I LOVE our sleigh cosleeper!! It is VERY sturdy and has a 500lb weight limit which is one of the main reasons why we bought it. I wanted to use it as long as possible without my child outgrowing the weight limit. DD is starting to get a bit long for it but she hardly ever sleeps in it the correct way anyways. She's pretty much half in the cosleeper and half in our bed. Then she rolls around a bit so the length of the cosleeper really doesn't matter.

I bought it sight unseen too and got the Honey colored one. Unfortunately it has a LOT of red in it and looks like cherry colored furniture to me. Thank goodness my sister got pg and bought it off of me and I ordered the natural one instead. So just make sure you know what color you want before you order. It is a PIA to try and return it!!!

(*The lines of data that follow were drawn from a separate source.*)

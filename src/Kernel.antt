-- ===== src/Kernel.antt =====
-- The kernel tasks of the CPU whose blocks have one thread: include/alpaka/kernel/TaskKernelCpuSerial.hpp and
-- kernel/TaskKernelCpuTbbBlocks.hpp. A kernel is what it does for a block with a given index: the list of its
-- accesses, each to the shared variables of the block, of type `M`, and to everything else, of type `S`.
-- `freeSharedVars` does nothing in these accelerators (block/shared/st/BlockSharedMemStMember.hpp).
pub mod Interleaving
pub mod Ending
pub mod Laws
pub mod Idx
use alpaka.Base.{
  ℕ, zero, suc, Bool, true, false, List, [], ◌∷◌, Option, none, some, map, length, ◌==◌, ◌&&◌,
  if◌then◌else◌,
}
use alpaka.Vec.Fold.{Vec, prod, zeros}
use alpaka.Vec.Rearrange.{index_sequence}
use alpaka.MapIdx.Dispatch.{map_idx}
use alpaka.WorkDiv.Types.{WorkDivMembers}
use alpaka.NdLoop.{nd_loop_inc_idx}

-- How a task ends: with what the kernel has made; by the exception for a block of several threads; or not yet,
-- which is a loop without fuel, or iterations that have accesses left.
pub data Launch (S : Type 0) : Type 0 where
  returned : S → Launch S
  threw : Launch S
  unfinished : Launch S

-- The accelerator: `m_gridBlockIdx` and the shared variables.
pub record Acc (M : Type 0) : Type 0 where
  pub grid_block_idx : Vec
  pub shared : M

-- One call of the loop body by `parallel_for`: its own accelerator's shared variables and the accesses that are left.
pub record Iteration (M S : Type 0) : Type 0 where
  pub shared : M
  pub left : List (M × S → M × S)

module _ {M S : Type 0} where
  unfoldable pub run_accesses : List (M × S → M × S) → M × S → M × S
  run_accesses [] x = x
  run_accesses (f ∷ fs) x = run_accesses fs (f x)

  -- An access of the iteration with the given number.
  unfoldable pub turn : ℕ → List (Iteration M S) → S → List (Iteration M S) × S
  turn i [] s = ([], s)
  turn (suc i) (it ∷ its) s = let (after, t) = turn i its s in (it ∷ after, t)
  turn zero (it ∷ its) s = elim it.left [
    | [] ↦ (it ∷ its, s)
    | f ∷ fs ↦ let (m, t) = f (it.shared, s) in (record { shared = m; left = fs } ∷ its, t)
  ]

  unfoldable pub turns : List ℕ → List (Iteration M S) → S → List (Iteration M S) × S
  unfolding turn
  turns [] its s = (its, s)
  turns (i ∷ schedule) its s = let (after, t) = turn i its s in turns schedule after t

  unfoldable pub is_done : List (Iteration M S) → Bool
  is_done [] = true
  is_done (it ∷ its) = elim it.left [ [] ↦ is_done its | f ∷ fs ↦ false ]

-- `mapIdx<TDim::value>` of a linear index.
unfoldable pub block_idx : ℕ → ℕ → Vec → Vec
unfolding map_idx
block_idx w i extent = elim (map_idx w (length extent) 1 (i ∷ []) extent) [ none ↦ [] | some v ↦ v ]

module _ (w : ℕ) {M S : Type 0} (kernel : Vec → List (M × S → M × S)) where
  unfoldable pub serial_block : Vec → Acc M × S → Acc M × S
  unfolding run_accesses
  serial_block idx (acc, s) =
      let at_block : Acc M = record acc { grid_block_idx = idx } in
      let (m, t) = run_accesses (kernel at_block.grid_block_idx) (at_block.shared, s) in
      (record at_block { shared = m }, t)

  -- With the shared variables of a new accelerator.
  unfoldable pub task_kernel_cpu_serial : WorkDivMembers → M → S → Launch S
  unfolding prod nd_loop_inc_idx serial_block zeros
  task_kernel_cpu_serial work_div fresh s =
      let acc : Acc M = record {
        grid_block_idx = zeros (length work_div.grid_block_extent);
        shared = fresh;
      } in
      if prod w work_div.block_thread_extent == 1
      then elim (nd_loop_inc_idx w work_div.grid_block_extent serial_block (acc, s)) [
        | none ↦ unfinished
        | some (idx, end) ↦ returned end.1
      ]
      else threw

  unfoldable pub iterations : WorkDivMembers → M → List (Iteration M S)
  unfolding prod block_idx index_sequence
  iterations work_div fresh =
      map (λ i. record { shared = fresh; left = kernel (block_idx w i work_div.grid_block_extent) })
        (index_sequence 0 (prod w work_div.grid_block_extent))

  -- `parallel_for` calls the body for every number below the number of blocks, in any order and at the same time; the
  -- schedule says which call makes the next access.
  unfoldable pub task_kernel_cpu_tbb_blocks : WorkDivMembers → M → List ℕ → S → Launch S
  unfolding prod iterations turns is_done
  task_kernel_cpu_tbb_blocks work_div fresh schedule s =
      if prod w work_div.block_thread_extent == 1
      then (let (its, t) = turns schedule (iterations work_div fresh) s in
          if is_done its then returned t else unfinished)
      else threw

Anyway, I love mine!! Let me know if you have any specific questions.


----------



## jojomama (Feb 25, 2008)

Thanks, Sandy! I really appreciate your response


----------



## Leilalu (May 29, 2004)

I think they are pretty.
That said, we had to put our bed on a frame to use the normal co-sleeper with dd. We didn't like it, and she rolled all over anyway, so we converted it to a playpen instead.

SO I would only get one if you are sure you won't want to use it as a playpen later on. It comes in handy when you have more than one child.


----------



## Li27 (Jan 2, 2008)

I'm interested in this one too, but apparently they are backordered for over a month or two.

Any thoughts on the Mini Co Sleeper anyone? Are they sturdy enough? That's our second option, and would be cheaper than the "sleigh," especially given I would order the extra organic mattress with either I bought....

Liana


----------



## rik8144 (Apr 3, 2007)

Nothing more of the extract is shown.